■ **PROMPT**: Search the listing below for the word "false" and copy each line that holds it.

■ **DATA IN THIS EXERCISE**:
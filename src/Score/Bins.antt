-- ===== src/Score/Bins.antt =====
-- The weekly activity bins and the score that they carry.
use protocol_core.Base.{
  ℕ, ◌+◌, ◌-◌, ◌*◌, ◌/◌, ◌^◌, ◌≡◌, Bool, true, false, ◌&&◌, ◌||◌, not, List, [], ◌∷◌, ltb, ◌==◌,
  if◌then◌else◌, set, replicate, get_or,
}
use protocol_core.Base.Int.{ℤ, pos, eqb_ℤ, saturating_sub, div_trunc, as_u64}

abbrev pub bin_size_secs : ℕ
bin_size_secs = 604800

abbrev pub num_bins : ℕ
num_bins = 12

-- `now.saturating_sub(ts) / bin_size_secs`, as usize.
unfoldable pub bin_index : ℤ → ℤ → ℕ
unfolding saturating_sub div_trunc as_u64
bin_index now ts = as_u64 (div_trunc (saturating_sub now ts) bin_size_secs)

-- One round of the marking loop.
unfoldable pub mark : ℤ → List Bool → ℤ → List Bool
mark now bins ts =
    if eqb_ℤ ts (pos 0)
    then bins
    else (if ltb (bin_index now ts) num_bins then set bins (bin_index now ts) true else bins)

unfoldable pub mark_all : ℤ → List Bool → List ℤ → List Bool
mark_all now bins [] = bins
mark_all now bins (ts ∷ rest) = mark_all now (mark now bins ts) rest

unfoldable pub active_bins : ℤ → List ℤ → List Bool
unfolding mark_all mark
active_bins now stamps = mark_all now (replicate num_bins false) stamps

-- `saturating_mul` and `saturating_add` of u64.
abbrev pub sat_u64 : ℕ → ℕ
sat_u64 n = if ltb (2 ^ 64 - 1) n then 2 ^ 64 - 1 else n

unfoldable pub weight : ℕ → ℕ → ℕ
weight increment k = sat_u64 (increment * (num_bins - k)) / num_bins

-- The loop over the bins from bin k on, with the score so far.
unfoldable pub add_weights : ℕ → ℕ → ℕ → List Bool → ℕ
add_weights increment k acc [] = acc
add_weights increment k acc (active ∷ bins) =
    add_weights increment (k + 1) (if active then sat_u64 (acc + weight increment k) else acc) bins

unfoldable pub base_score : ℕ → List Bool → ℕ
unfolding add_weights weight
base_score increment bins = add_weights increment 0 0 bins

-- The reference: does a time stamp fall into bin k, and is there one that does?
unfoldable pub hits : ℤ → ℕ → ℤ → Bool
hits now k ts = not (eqb_ℤ ts (pos 0)) && (bin_index now ts == k)

unfoldable pub hit_by_some : ℤ → ℕ → List ℤ → Bool
hit_by_some now k [] = false
hit_by_some now k (ts ∷ rest) = hits now k ts || hit_by_some now k rest

abbrev pub IsActive : List Bool → ℕ → Type 0
IsActive bins k = get_or bins k false ≡ true
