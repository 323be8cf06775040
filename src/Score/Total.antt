-- ===== src/Score/Total.antt =====
-- The score of a history: the weights of the active bins, the age bonus, the cap.
use native.Mathlib.Nat.{mul-le-mul}
use native.Mathlib.Decide.{dec_le}
use protocol_core.Base.{
  ℕ, ◌+◌, ◌*◌, ◌%◌, ◌^◌, ◌≤◌, ◌≡◌, List, Option, none, some, arith, if◌then◌else◌, min,
  Option-cases, inl, inr,
}
use protocol_core.Base.Int.{ℤ, pos, ltb_ℤ, checked_sub, div_trunc, as_u64}
use protocol_core.Score.Isqrt.{isqrt, isqrt_floor}
use protocol_core.Score.Bins.{sat_u64, active_bins, base_score}

-- `(age_seconds / 86400).max(0) as u64`
unfoldable pub age_days : ℤ → ℕ
unfolding div_trunc as_u64
age_days seconds =
    let days = div_trunc seconds 86400 in as_u64 (if ltb_ℤ days (pos 0) then pos 0 else days)

unfoldable pub age_bonus : ℤ → ℕ
age_bonus seconds = isqrt (min (age_days seconds) 365) * 4

-- The result is cast to u16. `none` is the overflow of `now.checked_sub(creation_timestamp)`.
unfoldable pub total_score : ℕ → ℕ → ℤ → ℤ → List ℤ → Option ℕ
total_score increment max_score now creation stamps = elim (checked_sub now creation) [
  | none ↦ none
  | some age ↦ some (
      min (sat_u64 (sat_u64 (base_score increment (active_bins now stamps)) + age_bonus age))
        max_score
      % 2 ^ 16)
]

small : (r : ℕ) {n : ℕ} → r * r ≤ n → n ≤ 365 → r * 4 ≤ 76
small r h k = elim (dec_le r 19) [
  | yes q ↦ omega arith
  | no q ↦
      let wide : 20 * 20 ≤ r * r =
        mul-le-mul {n₁ = 20} {m₁ = 20} {n₂ = r} {m₂ = r} (omega arith) (omega arith) in
      absurd (omega arith)
]

pub age_bonus-le : (seconds : ℤ) → age_bonus seconds ≤ 76
unfolding age_bonus
age_bonus-le seconds =
    let n = min (age_days seconds) 365 in small (isqrt n) (isqrt_floor n).0 (omega arith)

cast : (n : ℕ) → n % 2 ^ 16 ≤ n
cast n = omega arith

-- The stored score never passes the configured ceiling.
pub total_score-le :
    (increment max_score : ℕ) (now creation : ℤ) (stamps : List ℤ) {s : ℕ}
    → total_score increment max_score now creation stamps ≡ some s
    → s ≤ max_score
unfolding total_score
total_score-le increment max_score now creation stamps e =
    elim (Option-cases (checked_sub now creation)) [
      | inl n ↦ ground arith
      | inr (age, n) ↦
          let raw =
            sat_u64 (sat_u64 (base_score increment (active_bins now stamps)) + age_bonus age) in
          ground (arith, cast (min raw max_score))
    ]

■ **PROBLEM SOLUTION**:
  ℕ, ◌+◌, ◌-◌, ◌*◌, ◌/◌, ◌^◌, ◌≡◌, Bool, true, false, ◌&&◌, ◌||◌, not, List, [], ◌∷◌, ltb, ◌==◌,
active_bins now stamps = mark_all now (replicate num_bins false) stamps
hit_by_some now k [] = false
IsActive bins k = get_or bins k false ≡ true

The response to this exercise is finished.